Labels from folder, validation from csv?

greta · June 28, 2019, 12:49pm

Hi, I have a bunch of images that I just want to do basic classification on. The images are in separate folders according to label (as in Lesson 1 of the course). Those folders are contained in a parent folder. However, now I’d like to tell the model which images to use as a validation set. I have a csv file (also in the parent folder) with names of all the images that I wish to use as a validation set (the list contains a bunch of file names from each of the categories). I can’t find a way to do get labels from folders and the validation split from a csv (or txt or whatever). The documentation doesn’t mention much about the .split_from_whatever() methods (even though they are used in Lesson 3 of the course). The data block API thing is completely incomprehensible to me and I don’t understand what goes with what on that webpage…

Here is what I’m trying:

data = (ItemList.from_folder(path)
.split_by_fname_file(path + ‘valid.csv’)
.label_from_folder()
.databunch(bs=bs)
.normalize(imagenet_stats))

I really need to do this for work. Please use layman language, I’m a complete noob.
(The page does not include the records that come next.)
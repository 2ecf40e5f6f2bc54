-- ===== src/Tests/Agent.antt =====
-- Runs of relay/internal/ai.
use appunvs.Prelude.{
  ℕ, zero, suc, ◌≡◌, refl, String, Bool, true, false, Option, none, some, List, [], ◌∷◌, find,
  select, order_by, take, String-discrete, ◌==◌, nat_eq,
}
use appunvs.Store.Action.{pure, fail, other, query}
use appunvs.Store.Turns
use appunvs.Store.Boxes.{has_id}
use appunvs.Agent.{stream_fault, Request}
use appunvs.Agent.Stream
use appunvs.Agent.Stream.{
  Usage, Delta, Choice, Chunk, Reply, lookup, index_of, take_deltas, assemble,
}
use appunvs.Agent.Stream.Laws.{said, lookup-take_deltas, lost_call}
use appunvs.Agent.Tools
use appunvs.Agent.Tools.{Codec, ToolDeps}
use appunvs.Agent.Run
use appunvs.Agent.Run.{Engine, Turning, no_frames, run, emit_err}
use appunvs.Agent.Run.Laws.{emit_err_unrecorded}
use appunvs.Agent.Run.History.{KeepsPrompt, iterate-opened}
use appunvs.Agent.Run.Frames.{Framed, run-Framed}
use appunvs.Tests.Data.{env, world}

abbrev piece : ℕ → String → String → String → Delta
piece i id name args = record { index = some i; id = id; name = name; args = args }

abbrev pieces : List Delta
pieces = piece 0 "c1" "fs_read" "{" ∷ piece 1 "c2" "list_files" "" ∷ piece 0 "" "" "}" ∷ []

lookup-take_deltas_example :
    lookup 0 (take_deltas pieces []) ≡ said (select (λ d. index_of d == 0) pieces)
lookup-take_deltas_example = lookup-take_deltas 0 pieces

lost_call_example :
    assemble (take_deltas (piece 1 "c1" "fs_read" "{" ∷ piece 1 "" "" "}" ∷ []) []) ≡ []
lost_call_example =
    lost_call (piece 1 "c1" "fs_read" "{") (piece 1 "" "" "}" ∷ []) 0 refl (refl, tt)

abbrev tools : ToolDeps
tools = record {
  codec = record {
    read_args = λ args. none;
    write_args = λ args. none;
    entry_point = λ args. "";
    list_json = λ files. "[]";
    bundle_json = λ b. "{}";
    error_text = λ x. "failed";
    invalid_input = λ args. "invalid input";
    short_hash = λ h. h;
  };
  open_repo = pure tt;
  read_file = λ path. pure none;
  write_file = λ path content message. pure "abc";
  list_files = pure [];
  publish = λ entry. fail other;
}

abbrev answers : ℕ → Reply
answers zero =
    Reply.streamed
      (record {
        usage = none;
        choices =
            record {
              finish_reason = "tool_calls";
              content = "hi";
              tool_calls = piece 0 "c1" "list_files" "{}" ∷ [];
            }
            ∷ [];
      }
        ∷ [])
      true
answers (suc n) =
    Reply.streamed
      (record {
        usage = some (record { prompt_tokens = 12; completion_tokens = 5 });
        choices = record { finish_reason = "stop"; content = "done"; tool_calls = [] } ∷ [];
      }
        ∷ [])
      true

abbrev engine : Engine
engine = record {
  model = "deepseek-v4-pro";
  system = "You are a coding agent.";
  max_iters = 10;
  complete = λ calls model messages. answers calls;
  encode = λ ms. "[]";
  decode = λ s. none;
  cost_cents = λ model i o. 1;
  error_text = λ x. "error:";
}

abbrev always : ℕ → Bool
always n = false

abbrev asked : Request
asked = record { box_id = "box_1"; text = "list"; user_id = "ann"; model = "" }

abbrev ended : Option (Bool × Turning)
ended = run engine tools always env "t1" asked world

abbrev turning_of : Option (Bool × Turning) → Turning
turning_of none = record { out = no_frames; world = world }
turning_of (some (b, t)) = t

ended_run : ended ≡ some (true, turning_of ended)
unfolding run Run.after_history Run.iterate Run.after_answer Run.after_calls Run.with_answer
    Run.run_calls Run.add_result Run.prefixed Run.run_call Run.after_announced Run.report Run.taken
    Run.finish_turn Run.conclude Run.opening Run.history_of Run.effective_model Stream.run_one
    Stream.answer_of Stream.take_chunks Stream.take_choices Stream.take_choice Stream.and_then
    Stream.after_forward Stream.forward Stream.offer assemble Stream.assemble_from lookup
    take_deltas Stream.update_at Stream.extend Tools.run_tool Tools.list_files Turns.recent query
    select order_by take find String-discrete
ended_run = refl

run-Framed_example : Framed (turning_of ended).out.frames
run-Framed_example =
    run-Framed engine tools always env "t1" asked world true (turning_of ended) ended_run

abbrev at_start : Turning
at_start = record { out = no_frames; world = world }

emit_err_unrecorded_example :
    (emit_err engine tools always env "t1" stream_fault at_start).world.ai_turns ≡ world.ai_turns
unfolding find String-discrete
emit_err_unrecorded_example =
    emit_err_unrecorded engine tools always env "t1" stream_fault at_start no_box
  where
    no_box : find (has_id "") world.app_boxes ≡ none
    no_box = refl

iterate-opened_example : KeepsPrompt engine tools always env (
    Run.iterate engine tools always env 10 0
      (Run.effective_model engine asked)
      (Run.opened engine tools always env asked [])
      at_start)
iterate-opened_example = iterate-opened engine tools always env asked [] at_start
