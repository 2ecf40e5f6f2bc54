-- ===== src/Ws/Laws.antt =====
-- makeRead of relay/internal/handler/ws.go: whose messages reach whom.
use appunvs.Prelude.{
  ℕ, ◌≡◌, refl, ap, Bool, true, false, ◌&&◌, Option, none, some, List, [], ◌∷◌, ◌++◌, ◌==◌, nat_eq,
  string_eq, arith, ◌⊎◌, inl, inr, Bool-cases, Option-cases,
}
use appunvs.Pb.Enums.{is_provider}
use appunvs.Pb.Message.{Message, size}
use appunvs.Store.Action.{Env, World, Result, err, quota_exceeded, run-cases}
use appunvs.Hub.{Conn, Hub, RoleFilter, offer, set_conn, broadcast}
use appunvs.Hub.Valid.{IsValid}
use appunvs.Hub.Laws.{has_room, is_meant}
use appunvs.Hub.Queues.{broadcast_send, role-IsValid}
use appunvs.Hub.CatchUp.{send_blocking}
use appunvs.Ws.Validate.{validate_against_schema}
use appunvs.Ws.{
  Relay, Outcome, Deps, stamp, is_data, notice, next_seq, append, stored, numbered, publish, notify,
  gated, charge, validated, from_provider, dispatch, read,
}

-- A message with the identity of a connection.
abbrev pub IsFrom : Conn → Message → Type 0
IsFrom c m = (m.device_id ≡ c.device_id) × (m.user_id ≡ c.user_id) × (m.namespace ≡ c.namespace)

-- A queue that gained nothing, or one message of a connection.
abbrev pub Gains : Conn → List Message → List Message → Type 0
Gains c before after = (after ≡ before) ⊎ ((m : Message) × (after ≡ before ++ m ∷ []) × IsFrom c m)

abbrev AllGain : Conn → Hub → Hub → Type 0
AllGain c h h' = (i : ℕ) → Gains c (h.conn i).send (h'.conn i).send

broadcast-AllGain :
    (c : Conn) (m : Message) (filter : RoleFilter) (origin : Option ℕ) (h : Hub)
    → IsValid h
    → IsFrom c m
    → AllGain c h (broadcast m filter origin h)
broadcast-AllGain c m filter origin h v from i =
    let e = broadcast_send m filter origin h v i in
    elim (Bool-cases (is_meant m filter origin h i && has_room (h.conn i))) [
      | inl x ↦ inr (m, rw x at e, from)
      | inr x ↦ inl (rw x at e)
    ]

module _ {R : Type 0} (d : Deps R) where
  publish-AllGain :
      (c : Conn) (m : Message) (s : Relay R)
      → IsValid s.hub
      → IsFrom c m
      → AllGain c s.hub (publish d m s).1.hub
  unfolding publish
  publish-AllGain c m s v from = number (next_seq d m.namespace s.redis)
    where
      store : (n : ℕ) (x : Bool × R) → AllGain c s.hub (stored d m n x s).1.hub
      store n (true, r) =
          unfold stored in
          broadcast-AllGain c (record m { seq = n }) RoleFilter.all_roles none s.hub v from
      store n (false, r) = unfold stored in λ i. inl refl

      number : (x : Option ℕ × R) → AllGain c s.hub (numbered d m x s).1.hub
      number (none, r) = unfold numbered in λ i. inl refl
      number (some n, r) =
          unfold numbered in store n (append d m.namespace (record m { seq = n }) r)

  notify_hub :
      (id : ℕ) (m : Message) (s : Relay R)
      → let h = (notify d id m s).1.hub in
        (h ≡ s.hub)
        ⊎ (h ≡ set_conn id (record (s.hub.conn id) { send = (s.hub.conn id).send ++ m ∷ [] }) s.hub)
  unfolding notify send_blocking offer
  notify_hub id m s = ground arith

  notify-AllGain :
      (c : Conn) (id : ℕ) (m : Message) (s : Relay R)
      → IsFrom c m
      → AllGain c s.hub (notify d id m s).1.hub
  unfolding set_conn
  notify-AllGain c id m s from i = elim (notify_hub id m s) [
    | inl e ↦ rw e (inl refl)
    | inr e ↦ rw e (elim (Bool-cases (i == id)) [
      | inl x ↦
          let same : i ≡ id = ground arith in
          let q = ap s.hub.conn same in inr (m, ground (arith, x, q), from)
      | inr x ↦ inl (ground (arith, x))
    ])
  ]

  -- The connection of the handler, as the heap has it.
  abbrev Known : Conn → ℕ → Hub → Type 0
  Known c id h =
      ((h.conn id).device_id ≡ c.device_id)
      × ((h.conn id).user_id ≡ c.user_id)
      × ((h.conn id).namespace ≡ c.namespace)

  gated-AllGain :
      (c : Conn) (env : Env) (id : ℕ) (m : Message) (r : Result (Unit {0})) (s : Relay R)
      → IsValid s.hub
      → Known c id s.hub
      → IsFrom c m
      → AllGain c s.hub (gated d env id m r s).1.hub
  unfolding gated notice
  gated-AllGain c env id m (err quota_exceeded) s v known from = notify-AllGain c id _ s known
  gated-AllGain c env id m _ s v known from = publish-AllGain c m s v from

  pub charge-cases :
      (env : Env) (id : ℕ) (m : Message) (s : Relay R)
      → (charge d env id m s ≡ publish d m s)
        ⊎ ((r : Result (Unit {0})) × (w : World) × (charge d env id m s
              ≡ gated d env id m r (record s { world = w })))
  unfolding charge
  charge-cases env id m s = elim (Option-cases d.quota) [
    | inl e ↦ inl (ground (arith, e))
    | inr (gate, e) ↦
        let x = gate (s.hub.conn id).user_id (size m.payload) env s.world in
        inr (x.0, x.1, ground (arith, e))
  ]

  charge-AllGain :
      (c : Conn) (env : Env) (id : ℕ) (m : Message) (s : Relay R)
      → IsValid s.hub
      → Known c id s.hub
      → IsFrom c m
      → AllGain c s.hub (charge d env id m s).1.hub
  charge-AllGain c env id m s v known from = elim (charge-cases env id m s) [
    | inl e ↦ rw e (publish-AllGain c m s v from)
    | inr (r, w, e) ↦ rw e (gated-AllGain c env id m r (record s { world = w }) v known from)
  ]

  pub from_provider-cases :
      (env : Env) (id : ℕ) (m : Message) (s : Relay R)
      → (from_provider d env id m s ≡ charge d env id m s)
        ⊎ ((w : World) × (from_provider d env id m s ≡ charge d env id m (record s { world = w })))
        ⊎ ((w : World) × (from_provider d env id m s ≡ (Outcome.invalid, record s { world = w })))
  unfolding from_provider validated
  from_provider-cases env id m s =
      let x = validate_against_schema m env s.world in
      elim (Bool-cases d.schema) [
        | inr e ↦ inl (ground (arith, e))
        | inl e ↦ elim (Bool-cases (is_data m.op)) [
          | inr o ↦ inl (ground (arith, e, o))
          | inl o ↦ elim (run-cases x) [
            | inl (_, w, g) ↦ inr (inl (w, ground (arith, e, o, g)))
            | inr (_, w, g) ↦ inr (inr (w, ground (arith, e, o, g)))
          ]
        ]
      ]

  from_provider-AllGain :
      (c : Conn) (env : Env) (id : ℕ) (m : Message) (s : Relay R)
      → IsValid s.hub
      → Known c id s.hub
      → IsFrom c m
      → AllGain c s.hub (from_provider d env id m s).1.hub
  from_provider-AllGain c env id m s v known from = elim (from_provider-cases env id m s) [
    | inl e ↦ rw e (charge-AllGain c env id m s v known from)
    | inr (inl (w, e)) ↦ rw e (charge-AllGain c env id m (record s { world = w }) v known from)
    | inr (inr (w, e)) ↦ rw e (λ i. inl refl)
  ]

  dispatch-AllGain :
      (c : Conn) (env : Env) (id : ℕ) (m : Message) (s : Relay R)
      → IsValid s.hub
      → Known c id s.hub
      → m.device_id ≡ c.device_id
      → m.user_id ≡ c.user_id
      → AllGain c s.hub (dispatch d env id m s).1.hub
  unfolding dispatch
  dispatch-AllGain c env id m s v known device user =
      elim (Bool-cases (m.namespace == (s.hub.conn id).namespace)) [
        | inr e ↦ rw (e, dispatch) (λ i. inl refl)
        | inl e ↦
            let home : m.namespace ≡ c.namespace = ground (arith, e, known) in
            elim (Bool-cases (is_provider m.role)) [
              | inl p ↦
                  rw (e, p, dispatch)
                    (from_provider-AllGain c env id m s v known (device, user, home))
              | inr p ↦
                  rw (e, p, dispatch)
                    (broadcast-AllGain c m RoleFilter.providers_only (some id) s.hub v
                      (device, user, home))
            ]
      ]

  -- A message that a connection sends on a valid hub: whatever it says of itself and however it is
  -- handled, each queue gains at most one message, and that one carries the device, the user and the
  -- namespace of the connection.
  pub read-Gains :
      (env : Env) (id : ℕ) (m : Message) (s : Relay R) (i : ℕ)
      → IsValid s.hub
      → Gains (s.hub.conn id) (s.hub.conn i).send ((read d env id m s).1.hub.conn i).send
  read-Gains env id m s i v =
      let c = s.hub.conn id in
      let h = set_conn id (record c { role = m.role }) s.hub in
      let known : Known c id h = unfold set_conn in (ground arith, ground arith, ground arith) in
      let step =
        dispatch-AllGain c env id (stamp c m) (record s { hub = h })
          (role-IsValid id m.role s.hub v) known (unfold stamp in refl) (unfold stamp in refl) i in
      let same : (h.conn i).send ≡ (s.hub.conn i).send = elim (Bool-cases (i == id)) [
        | inl e ↦
            let at : i ≡ id = ground arith in
            let q = ap s.hub.conn at in unfold set_conn in ground (arith, q, e)
        | inr e ↦ unfold set_conn in ground (arith, e)
      ] in
      unfold read in rw same at step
kushaj · June 28, 2019, 8:10pm

When all things fail just create a csv file with all the filenames and a column with valid=True for your validation images. I am suggesting you to use split_by_idxs and from_csv methods.

greta · July 1, 2019, 12:12pm

Thank you for your answer. Can I please just clarify: how do I then indicate the labels? Should I still split my images into folders by label or do I need to say what labels they are in the csv file somehow? And if the latter, how do I store these labels? Thanks for your time!

kushaj · July 1, 2019, 5:12pm

The label would be the second column of the csv table. Look at the docs. No you don’t need to split your images. If the third column has valid=True then that image would be included in the validation set and otherwise not.